A migrant disembarks from the Ocean Viking rescue ship in the Sicilian port of Messina, September 24, 2019. /VCG Photo
Italy presented a scheme on Friday to accelerate the expulsion of migrants who have no right to stay in the country, cutting the time it takes to decide on whether an asylum seeker must return home.
Immigration flows helped fuel the rise of Italy's far-right League party, whose leader Matteo Salvini imposed a crackdown on arrivals while he was interior minister until August.
Salvini closed Italy's ports to migrant rescue ships, threatening the charities operating them with fines of up to one million euros (1.1 million U.S. dollars) if they tried to dock.
After the League unexpectedly quit the government in a failed bid to trigger an early election, its former ally the 5-Star Movement formed a coalition with the center-left Democratic Party, ushering in a less aggressive approach to immigration.
The new government has already agreed with four other EU states a scheme to distribute people saved in the Mediterranean, and it hopes its plan to send back those already in Italy will defuse accusations by Salvini that it is soft on immigration.

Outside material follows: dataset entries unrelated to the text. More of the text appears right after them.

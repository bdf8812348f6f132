-- ===== src/Ui/Sync/Pulled.antt =====
-- What a pull that fetches does to the register.
use tui_ssh_client.Prelude.{
  ◌+◌, ◌≡◌, refl, subst, inr, Bool, true, Option, none, some, if_cases, false, Bool-cases, inl, sym,
  if-true,
}
use tui_ssh_client.Prelude.Text.{Text, text_eq}
use tui_ssh_client.Prelude.Words.{has}
use tui_ssh_client.Prelude.Dict.{lookup}
use tui_ssh_client.Config.VaultFile.{Outside, Plain, no_plain, plain, decrypt}
use tui_ssh_client.Config.Bundle.Apply.{Json, Summary, no_summary, summary, bundle_servers}
use tui_ssh_client.Sync.Github.{
  Reply, Got, got, refused, Contents, get_file, contents, SyncError, status_error, request, got_or,
  decoded, then_got,
}
use tui_ssh_client.Ui.Sync.Commands.{fetch, fetch_got, fetch_plain, fetch_summary}
use tui_ssh_client.Ui.Sync.World.{GitHub, World, Answers, file_reply, post}
use tui_ssh_client.Ui.Sync.Register.{Register, takes, brought, taken, is_own, rests}
use tui_ssh_client.Ui.Sync.Simulates.{is_set, IsBrought, MsgOk, Simulates, has-head}
use tui_ssh_client.Ui.Sync.Moves.{Moved, unmoved, post-Simulates, brought-Simulates}
use tui_ssh_client.Ui.Sync.Labels.{fetch_move}

module _ (g : GitHub) (o : Outside) where
  -- What Get gives: the contents of a file with their sha, if anything.
  FileOk : Register → Got (Text × Text) → Type 0
  FileOk s (got x) = (has x.0 s.fetched ≡ true) × (x.1 ≡ g.sha_of x.0)
  FileOk s (refused e) = Unit

  file-FileOk :
      (s : Register) (a : Answers) (file : Option Text)
      → ((c : Text) → a.serves ≡ true → file ≡ some c → has c s.fetched ≡ true)
      → FileOk s (get_file (file_reply g a file))
  unfolding FileOk get_file file_reply request got_or status_error contents decoded then_got text_eq
  file-FileOk s a none h = tt
  file-FileOk s a (some c) h =
      if_cases (λ (r : Reply Contents). FileOk s (get_file r)) a.serves _ _
        (λ yes_so. (h c yes_so refl, refl)) (λ no_so. no_body (status_error (300 + a.status)))
    where
      no_body : (e : Option SyncError) → FileOk s (then_got (got_or e none) contents)
      no_body none = tt
      no_body (some e) = tt

  summary-MsgOk :
      (s : Register) (b : Bool) (blob sha : Text) (x : Summary)
      → b ≡ true
      → IsBrought g o s blob sha
      → MsgOk g o s b (fetch_summary blob sha x)
  unfolding fetch_summary
  summary-MsgOk s b blob sha (no_summary e) r k = tt
  summary-MsgOk s b blob sha (summary n updated device) r k = (r, k)

  plain-MsgOk :
      (s : Register) (b : Bool) (j : Json) (c pass sha : Text) (x : Plain)
      → decrypt o c pass ≡ x
      → b ≡ true
      → (has c s.fetched ≡ true) × (sha ≡ g.sha_of c)
      → MsgOk g o s b (fetch_plain j sha x)
  unfolding fetch_plain
  plain-MsgOk s b j c pass sha (no_plain e) q r k = tt
  plain-MsgOk s b j c pass sha (plain blob) q r k =
      summary-MsgOk s b blob sha (bundle_servers j blob) r (c, k.0, k.1, (pass, q))

  got-MsgOk :
      (s : Register) (b : Bool) (j : Json) (pass : Text) (x : Got (Text × Text))
      → b ≡ true
      → FileOk s x
      → MsgOk g o s b (fetch_got o j pass x)
  unfolding fetch_got FileOk
  got-MsgOk s b j pass (refused e) r k = tt
  got-MsgOk s b j pass (got (c, sha)) r k = plain-MsgOk s b j c pass sha (decrypt o c pass) refl r k

  fetched_nothing :
      (j : Json) (w : World) (s : Register) (a : Answers) (f : Text) (file : Option Text)
      → ((c : Text) → a.serves ≡ true → file ≡ some c → ⊥)
      → is_set w.app.registration ≡ true
      → Simulates g o w s
      → Moved g o (post (fetch o j a.pass (file_reply g a file)) w) s (fetch_move a.serves f)
  unfolding fetch
  fetched_nothing j w s a f file never set h = unmoved g o _ s _ (own_fetch a.serves) (
      post-Simulates g o _ w s
        (got-MsgOk s _ j a.pass (get_file (file_reply g a file)) set
          (file-FileOk s a file (λ c y x. absurd (never c y x))))
        h)
    where
      own_fetch : (b : Bool) → is_own (fetch_move b f) ≡ true
      own_fetch true = refl
      own_fetch false = refl

  fetched_file :
      (j : Json) (w : World) (s : Register) (a : Answers) (f c : Text)
      → lookup f s.files ≡ some c
      → is_set w.app.registration ≡ true
      → Simulates g o w s
      → Moved g o (post (fetch o j a.pass (file_reply g a (some c))) w) s (takes f)
  unfolding fetch
  fetched_file j w s a f c e set h =
      let t = brought c s in
      record {
        to = t;
        moved = taken s f c e;
        holds =
            post-Simulates g o _ w t
              (got-MsgOk t _ j a.pass (get_file (file_reply g a (some c))) set (
                file-FileOk t a (some c) (λ d y x.
                  subst (λ z. has z t.fetched ≡ true) (value c d x) (has-head c s.fetched))))
              (brought-Simulates g o w s c h);
      }
    where
      value : (c d : Text) → some c ≡ some d → c ≡ d
      value c d e = cc

  -- What a file holds is fetched, if GitHub answers with it.
  pub pulled-Moved :
      (j : Json) (w : World) (s : Register) (a : Answers) (f : Text) (file : Option Text)
      → lookup f s.files ≡ file
      → is_set w.app.registration ≡ true
      → Simulates g o w s
      → Moved g o (post (fetch o j a.pass (file_reply g a file)) w) s (fetch_move a.serves f)
  pulled-Moved j w s a f none e set h = fetched_nothing j w s a f none (λ c y x. absurd (cc)) set h
  pulled-Moved j w s a f (some c) e set h = elim (Bool-cases a.serves) [
    | inl yes_so ↦
        subst (Moved g o _ s) (sym (if-true a.serves (takes f) rests yes_so))
          (fetched_file j w s a f c e set h)
    | inr no_so ↦ fetched_nothing j w s a f (some c) (λ d y x. clash y no_so) set h
  ]
    where
      clash : {b : Bool} → b ≡ true → b ≡ false → ⊥
      clash x y = cc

(L-R) Italy's Interior Minister Luciana Lamorgese, European Commissioner for Migration, Dimitris Avramopoulos, Malta's Interior Minister Michael Farrugia, Finland's Interior Minister, Maria Ohisalo and Germany's Interior Minister Horst Seehofer address a press conference at Fort St. Angelo in Birgu, September 23, 2019. /VCG Photo
"I do not believe that redistributing migrants to other European countries is the final solution", 5-Star leader and Foreign Minister Luigi Di Maio told a news conference.

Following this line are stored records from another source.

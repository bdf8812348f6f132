-- ===== src/Ui/Sync/Executed.antt =====
-- What a command that runs does to the register.
use tui_ssh_client.Prelude.{
  ℕ, ◌≡◌, refl, ap, inr, Bool, List, Option, none, some, All, All-remove_at, All-get, get_elem?,
  remove_at, if_both,
}
use tui_ssh_client.Prelude.Text.{Text}
use tui_ssh_client.Prelude.Dict.{lookup}
use tui_ssh_client.Vault.Secrets.{GitHubAuth, Secrets}
use tui_ssh_client.Config.VaultFile.{Outside, VaultError, VaultCalls}
use tui_ssh_client.Config.Bundle.Apply.{Json, Report, BundleError, Pull}
use tui_ssh_client.Sync.Github.{SyncError, check}
use tui_ssh_client.Ui.Sync.{
  Auth, Registration, Cmd, check_repo, push_cmd, pull_cmd, apply_pull, persist, load_servers, Msg,
  check_failed, push_failed, fetch_failed, apply_failed, checked, pushed, fetched, applied,
}
use tui_ssh_client.Ui.Sync.Commands.{
  check_command, check_answer, apply_command, end_pull, save_pull, saved_pull, keep_registration,
}
use tui_ssh_client.Ui.Sync.Handlers.{sha_at}
use tui_ssh_client.Ui.Sync.World.{
  GitHub, Promises, World, Answers, held, vault_after, save_registration, execute, run_cmd, file_of,
  with_sha, post,
}
use tui_ssh_client.Ui.Sync.Register.{Register, rests, learned, applied_now}
use tui_ssh_client.Ui.Sync.Labels.{answer_move, cmd_move}
use tui_ssh_client.Ui.Sync.Simulates.{
  is_set, IsShaOf, IsBrought, CmdOk, MsgOk, VaultOk, Simulates, sha_at-IsShaOf, has-head,
}
use tui_ssh_client.Ui.Sync.Moves.{Moved, unmoved, post-Simulates, learned-Simulates}
use tui_ssh_client.Ui.Sync.Sent.{upload-Sends, send-Moved}
use tui_ssh_client.Ui.Sync.Pulled.{pulled-Moved}

module _ (g : GitHub) (o : Outside) (law : Promises g) where
  check-MsgOk :
      (s : Register) (b : Bool) (a : Auth) (e : Option SyncError) → MsgOk g o s b (check_answer a e)
  unfolding check_answer
  check-MsgOk s b a none = tt
  check-MsgOk s b a (some e) = tt

  -- How a pull that had a registration ends: with a failure, or with that and the sha of the bundle.
  AnswerOk : Register → Text → Msg → Type 0
  AnswerOk s blob (apply_failed e) = Unit
  AnswerOk s blob (applied rep (some a) sha) = IsBrought g o s blob sha
  AnswerOk s blob m = ⊥

  saved-AnswerOk :
      (s : Register) (rep : Report) (a : GitHubAuth) (sec : Secrets) (blob sha : Text)
      (v : Option Text × Option VaultError) (r : Pull)
      → IsBrought g o s blob sha
      → AnswerOk s blob (saved_pull rep (keep_registration (some a) sha sec) v r).1
  unfolding AnswerOk saved_pull keep_registration
  saved-AnswerOk s rep a sec blob sha (f, none) r k = k
  saved-AnswerOk s rep a sec blob sha (f, some e) r k = tt

  end-AnswerOk :
      (s : Register) (y : VaultCalls) (a : GitHubAuth) (blob sha pass : Text)
      (e : Option BundleError) (r : Pull)
      → IsBrought g o s blob sha
      → AnswerOk s blob (end_pull o y (some a) sha pass e r).1
  unfolding AnswerOk end_pull save_pull
  end-AnswerOk s y a blob sha pass none r k = saved-AnswerOk s _ a r.secrets blob sha _ r k
  end-AnswerOk s y a blob sha pass (some e) r k = tt

  with_vault :
      (w : World) (s : Register) (v : Option (Auth × Text))
      → VaultOk g o s v
      → Simulates g o w s
      → Simulates g o (record w { vault = v }) s
  with_vault w s v k h = record {
    files = h.files;
    shas = h.shas;
    ask = h.ask;
    running = h.running;
    mail = h.mail;
    vault = k;
  }

  saved-VaultOk :
      (s : Register) (saves : Bool) (shas : List Text) (r : Option Registration)
      (v : Option (Auth × Text))
      → All (IsShaOf g o s.seen) shas
      → VaultOk g o s v
      → VaultOk g o s (save_registration saves shas r v)
  unfolding save_registration
  saved-VaultOk s saves shas none v k h = if_both (VaultOk g o s) saves _ _ tt h
  saved-VaultOk s saves shas (some r) v k h =
      if_both (VaultOk g o s) saves _ _ (sha_at-IsShaOf g o s.seen shas r.cell k) h

  saved-Simulates :
      (w : World) (s : Register) (rep : Report) (a : Auth) (sha : Text)
      → IsShaOf g o s.seen sha
      → Simulates g o w s
      → Simulates g o
          (post
            (applied rep (some a) sha)
            (record w { vault = vault_after (applied rep (some a) sha) w.vault }))
          s
  unfolding vault_after
  saved-Simulates w s rep a sha k h =
      post-Simulates g o _ _ s k (with_vault w s (some (a, sha)) k h)

  -- What a pull brought is seen when it is applied.
  answered-Moved :
      (w : World) (s : Register) (blob : Text) (m : Msg)
      → Simulates g o w s
      → AnswerOk s blob m
      → Moved g o (post m (record w { vault = vault_after m w.vault })) s (answer_move blob m)
  unfolding AnswerOk vault_after
  answered-Moved w s blob (check_failed e) h ok = absurd ok
  answered-Moved w s blob (push_failed e) h ok = absurd ok
  answered-Moved w s blob (fetch_failed e) h ok = absurd ok
  answered-Moved w s blob (apply_failed e) h ok =
      unmoved g o _ s rests refl (post-Simulates g o _ _ s tt (with_vault w s w.vault h.vault h))
  answered-Moved w s blob (checked a) h ok = absurd ok
  answered-Moved w s blob (pushed sha n) h ok = absurd ok
  answered-Moved w s blob (fetched f) h ok = absurd ok
  answered-Moved w s blob (applied rep none sha) h ok = absurd ok
  answered-Moved w s blob (applied rep (some a) sha) h (c, there, e, q) = record {
    to = learned c s;
    moved = applied_now s c blob there q;
    holds =
        saved-Simulates w (learned c s) rep a sha (inr (c, has-head c s.seen, e))
          (learned-Simulates g o w s c h);
  }

  pull_applied-Moved :
      (j : Json) (w : World) (s : Register) (a : Answers) (blob sha : Text)
      (r : Option Registration)
      → Simulates g o w s
      → CmdOk g o s (is_set w.app.registration) (apply_pull blob sha r)
      → Moved g o
          (execute g o j a (apply_pull blob sha r) w)
          s
          (cmd_move o j a w (some (apply_pull blob sha r)))
  unfolding execute held apply_command
  pull_applied-Moved j w s a blob sha none h ok = absurd ok
  pull_applied-Moved j w s a blob sha (some r) h ok = answered-Moved w s blob _ h (
      end-AnswerOk s a.calls.vault (with_sha r.auth (sha_at w.app.shas r.cell)) blob sha a.pass _ _
        ok)

  execute-Moved :
      (j : Json) (w : World) (s : Register) (a : Answers) (c : Cmd)
      → Simulates g o w s
      → CmdOk g o s (is_set w.app.registration) c
      → Moved g o (execute g o j a c w) s (cmd_move o j a w (some c))
  unfolding execute check_command
  execute-Moved j w s a (check_repo auth) h ok =
      unmoved g o _ s rests refl
        (post-Simulates g o _ w s (check-MsgOk s _ auth (check a.private_)) h)
  execute-Moved j w s a (push_cmd r) h ok =
      send-Moved g o law w s a (file_of r.auth) (sha_at w.app.shas r.cell) _ h
        (upload-Sends o j r.auth a.pass (sha_at w.app.shas r.cell) a.private_ a.made)
        (sha_at-IsShaOf g o s.seen w.app.shas r.cell h.shas)
  execute-Moved j w s a (pull_cmd r) h ok =
      pulled-Moved g o j w s a (file_of r.auth) (lookup (file_of r.auth) w.files)
        (ap (lookup (file_of r.auth)) h.files) ok h
  execute-Moved j w s a (apply_pull blob sha r) h ok = pull_applied-Moved j w s a blob sha r h ok
  execute-Moved j w s a (persist r) h ok =
      unmoved g o _ s rests refl
        (with_vault w s _ (saved-VaultOk s a.saves w.app.shas r w.vault h.shas h.vault) h)
  execute-Moved j w s a load_servers h ok = unmoved g o w s rests refl h

  not_running :
      (w : World) (s : Register) (i : ℕ)
      → Simulates g o w s
      → Simulates g o (record w { running = remove_at i w.running }) s
  not_running w s i h = record {
    files = h.files;
    shas = h.shas;
    ask = h.ask;
    running = All-remove_at (CmdOk g o s (is_set w.app.registration)) i w.running h.running;
    mail = h.mail;
    vault = h.vault;
  }

  pub run_cmd-Moved :
      (j : Json) (w : World) (s : Register) (a : Answers) (i : ℕ) (c : Option Cmd)
      → get_elem? w.running i ≡ c
      → Simulates g o w s
      → Moved g o (run_cmd g o j a i c w) s (cmd_move o j a w c)
  unfolding run_cmd
  run_cmd-Moved j w s a i none e h = unmoved g o w s rests refl h
  run_cmd-Moved j w s a i (some c) e h =
      execute-Moved j (record w { running = remove_at i w.running }) s a c (not_running w s i h)
        (All-get (CmdOk g o s (is_set w.app.registration)) w.running i c h.running e)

Under the new decree, the time to examine asylum requests of migrants who come from a list of 13 "safe" European and African countries, including Tunisia and Albania, will be reduced from two years to four months.

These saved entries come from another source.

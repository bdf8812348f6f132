-- ===== src/Ui/Sync/Private.antt =====
-- What a push puts on GitHub: ciphertext, and only where the repository was just found private.
use tui_ssh_client.Prelude.{
  ℕ, ◌≡◌, refl, ◌∙◌, inl, inr, ◌⊎◌, Bool, ◌&&◌, List, [], ◌∷◌, Option, none, some, if_both,
  Bool-cases, if-true, if-false, get_elem?,
}
use tui_ssh_client.Prelude.Text.{Text, text_eq, text_eq_iff}
use tui_ssh_client.Prelude.Dict.{Dict, lookup, insert, lookup-insert}
use tui_ssh_client.Config.VaultFile.{Outside, Sealed, no_cipher, cipher, encrypt}
use tui_ssh_client.Config.Bundle.Apply.{Json, Bundle, Packed, packed, not_packed}
use tui_ssh_client.Sync.Github.{SyncError, Reply, check, payload, Repo, IsPrivate, check-IsPrivate}
use tui_ssh_client.Ui.Sync.{
  Auth, Cmd, check_repo, push_cmd, pull_cmd, apply_pull, persist, load_servers, Msg,
}
use tui_ssh_client.Ui.Sync.Commands.{
  Upload, not_sent, sends, upload, checked_then, bundle_and_send, seal_and_send, repo_of,
}
use tui_ssh_client.Ui.Sync.Handlers.{sha_at}
use tui_ssh_client.Ui.Sync.World.{
  GitHub, World, Answers, Event, key, opens, pushes, pulls, restarts, answers, delivered, runs,
  others_write, file_of, post, arrive, send, execute, run_cmd, deliver_msg, took, step, run,
}

module _ (o : Outside) (j : Json) where
  -- The ciphertext of the bundle that was made, for a repository that is private.
  abbrev pub IsSealed : Reply Bool → Packed → Text → Text → Type 0
  IsSealed private_ made pass c =
      IsPrivate private_
      × (b : Bundle) × (made ≡ packed b)
      × (encrypt o (j.write b) pass ≡ cipher c)

  abbrev pub Puts : Reply Bool → Packed → Text → Upload → Type 0
  Puts private_ made pass (not_sent e) = Unit
  Puts private_ made pass (sends p n) = IsSealed private_ made pass p.content

  seal-Puts :
      (q : Reply Bool) (r : Repo) (sha pass : Text) (n : ℕ) (b : Bundle) (x : Sealed)
      → IsPrivate q
      → encrypt o (j.write b) pass ≡ x
      → Puts q (packed b) pass (seal_and_send r sha n x)
  unfolding seal_and_send payload
  seal-Puts q r sha pass n b (no_cipher e) h z = tt
  seal-Puts q r sha pass n b (cipher c) h z = (h, b, refl, z)

  bundle-Puts :
      (q : Reply Bool) (r : Repo) (sha pass : Text) (made : Packed)
      → IsPrivate q
      → Puts q made pass (bundle_and_send o j r pass sha made)
  unfolding bundle_and_send
  bundle-Puts q r sha pass (not_packed e) h = tt
  bundle-Puts q r sha pass (packed b) h = seal-Puts q r sha pass _ b _ h refl

  checked-Puts :
      (q : Reply Bool) (made : Packed) (pass : Text) (x : Option SyncError) (u : Upload)
      → (x ≡ none → Puts q made pass u)
      → Puts q made pass (checked_then x u)
  unfolding checked_then
  checked-Puts q made pass none u h = h refl
  checked-Puts q made pass (some e) u h = tt

  upload-Puts :
      (a : Auth) (pass sha : Text) (q : Reply Bool) (made : Packed)
      → Puts q made pass (upload o j a pass sha q made)
  unfolding upload
  upload-Puts a pass sha q made =
      checked-Puts q made pass (check q) _
        (λ h. bundle-Puts q (repo_of a) sha pass made (check-IsPrivate q h))

  -- An event that puts `c` into the file `f`.
  abbrev pub Wrote : Text → Text → Event → Type 0
  Wrote f c (others_write k d) = (k ≡ f) × (d ≡ c)
  Wrote f c (runs i s) = IsSealed s.private_ s.made s.pass c
  Wrote f c _ = ⊥

  abbrev pub SomeWrote : Text → Text → List Event → Type 0
  SomeWrote f c [] = ⊥
  SomeWrote f c (e ∷ es) = Wrote f c e ⊎ SomeWrote f c es

  -- The file is as it was, or some event of them put there what is in it.
  abbrev pub Accounted : Text → Dict Text → Dict Text → List Event → Type 0
  Accounted f m n es =
      (lookup f n ≡ lookup f m) ⊎ (c : Text) × (lookup f n ≡ some c) × SomeWrote f c es

  insert-Accounted :
      (f k c : Text) (m : Dict Text) (e : Event)
      → (k ≡ f → Wrote f c e)
      → Accounted f m (insert k c m) (e ∷ [])
  insert-Accounted f k c m e h = elim (Bool-cases (text_eq k f)) [
    | inl q ↦
        inr
          (c, lookup-insert k f c m ∙ if-true (text_eq k f) _ _ q, inl (h ((text_eq_iff k f).0 q)))
    | inr q ↦ inl (lookup-insert k f c m ∙ if-false (text_eq k f) _ _ q)
  ]

  send-Accounted :
      (g : GitHub) (s : Answers) (i : ℕ) (f k : Text) (u : Upload) (w : World)
      → Puts s.private_ s.made s.pass u
      → Accounted f w.files (send g s k u w).files (runs i s ∷ [])
  unfolding send arrive post
  send-Accounted g s i f k (not_sent e) w h = inl refl
  send-Accounted g s i f k (sends p n) w h =
      if_both (λ (v : World). Accounted f w.files v.files (runs i s ∷ []))
        (s.serves && g.accepts (lookup k w.files) p.sha) _ _
        (insert-Accounted f k p.content w.files (runs i s) (λ e. h)) (inl refl)

  execute-Accounted :
      (g : GitHub) (s : Answers) (i : ℕ) (f : Text) (c : Cmd) (w : World)
      → Accounted f w.files (execute g o j s c w).files (runs i s ∷ [])
  unfolding execute post
  execute-Accounted g s i f (check_repo a) w = inl refl
  execute-Accounted g s i f (push_cmd r) w =
      let sha = sha_at w.app.shas r.cell in
      send-Accounted g s i f (file_of r.auth) _ w (upload-Puts r.auth s.pass sha s.private_ s.made)
  execute-Accounted g s i f (pull_cmd r) w = inl refl
  execute-Accounted g s i f (apply_pull blob sha r) w = inl refl
  execute-Accounted g s i f (persist r) w = inl refl
  execute-Accounted g s i f load_servers w = inl refl

  run_cmd-Accounted :
      (g : GitHub) (s : Answers) (i : ℕ) (f : Text) (c : Option Cmd) (w : World)
      → Accounted f w.files (run_cmd g o j s i c w).files (runs i s ∷ [])
  unfolding run_cmd
  run_cmd-Accounted g s i f none w = inl refl
  run_cmd-Accounted g s i f (some c) w = execute-Accounted g s i f c _

  deliver-Accounted :
      (f : Text) (i : ℕ) (m : Option Msg) (w : World)
      → Accounted f w.files (deliver_msg i m w).files (delivered i ∷ [])
  unfolding deliver_msg took
  deliver-Accounted f i none w = inl refl
  deliver-Accounted f i (some m) w = inl refl

  step-Accounted :
      (g : GitHub) (e : Event) (f : Text) (w : World)
      → Accounted f w.files (step g o j e w).files (e ∷ [])
  unfolding step took
  step-Accounted g (key k) f w = inl refl
  step-Accounted g opens f w = inl refl
  step-Accounted g pushes f w = inl refl
  step-Accounted g pulls f w = inl refl
  step-Accounted g restarts f w = inl refl
  step-Accounted g (answers b) f w = inl refl
  step-Accounted g (delivered i) f w = deliver-Accounted f i (get_elem? w.mail i) w
  step-Accounted g (runs i s) f w = run_cmd-Accounted g s i f (get_elem? w.running i) w
  step-Accounted g (others_write k c) f w =
      insert-Accounted f k c w.files (others_write k c) (λ q. (q, refl))

  Accounted-more :
      (f : Text) (m n l : Dict Text) (e : Event) (es : List Event)
      → Accounted f m n (e ∷ [])
      → Accounted f n l es
      → Accounted f m l (e ∷ es)
  Accounted-more f m n l e es a (inr (c, q, h)) = inr (c, q, inr h)
  Accounted-more f m n l e es (inl p) (inl q) = inl (q ∙ p)
  Accounted-more f m n l e es (inr (c, p, inl h)) (inl q) = inr (c, q ∙ p, inl h)
  Accounted-more f m n l e es (inr (c, p, inr h)) (inl q) = absurd h

  -- However keys, commands and messages come one after the other, a file on GitHub is at the end what it
  -- was at the start, or what another wrote, or the ciphertext of a bundle that a push of this machine
  -- sealed with its passphrase, right after the answer that the repository is private.
  pub pushed_sealed :
      (g : GitHub) (es : List Event) (w : World) (f : Text)
      → Accounted f w.files (run g o j es w).files es
  unfolding run
  pushed_sealed g [] w f = inl refl
  pushed_sealed g (e ∷ es) w f =
      Accounted-more f w.files (step g o j e w).files (run g o j es (step g o j e w)).files e es
        (step-Accounted g e f w) (pushed_sealed g es (step g o j e w) f)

If the request is rejected, the expulsion procedure will be immediately triggered.
"More than one third of those who arrived in Italy in 2019 come from these countries," Di Maio said.
A migrant who jumped off the Spanish rescue ship Open Arms is carried on a stretcher, in Lampedusa, August 20, 2019. /VCG Photo
Official data show that fewer than 8,000 migrants came to Italy by sea in 2019, down 62 percent from 2018 and down 92 percent compared to 2017. However, expulsions fell far short of Salvini's electoral promises.
The League leader said he would repatriate 100,000 migrants in his first year in power, followed by another 400,000 during the rest of his five-year term in office, but Interior Minister Luciana Lamorgese told parliament this month that only 5,244 people had been repatriated this year up to September 22.
Prime Minister Giuseppe Conte welcomed the new plan as "a great step forward" and said he was confident it would produce more rapid repatriations.
"Italy has always been inefficient in this," Conte said.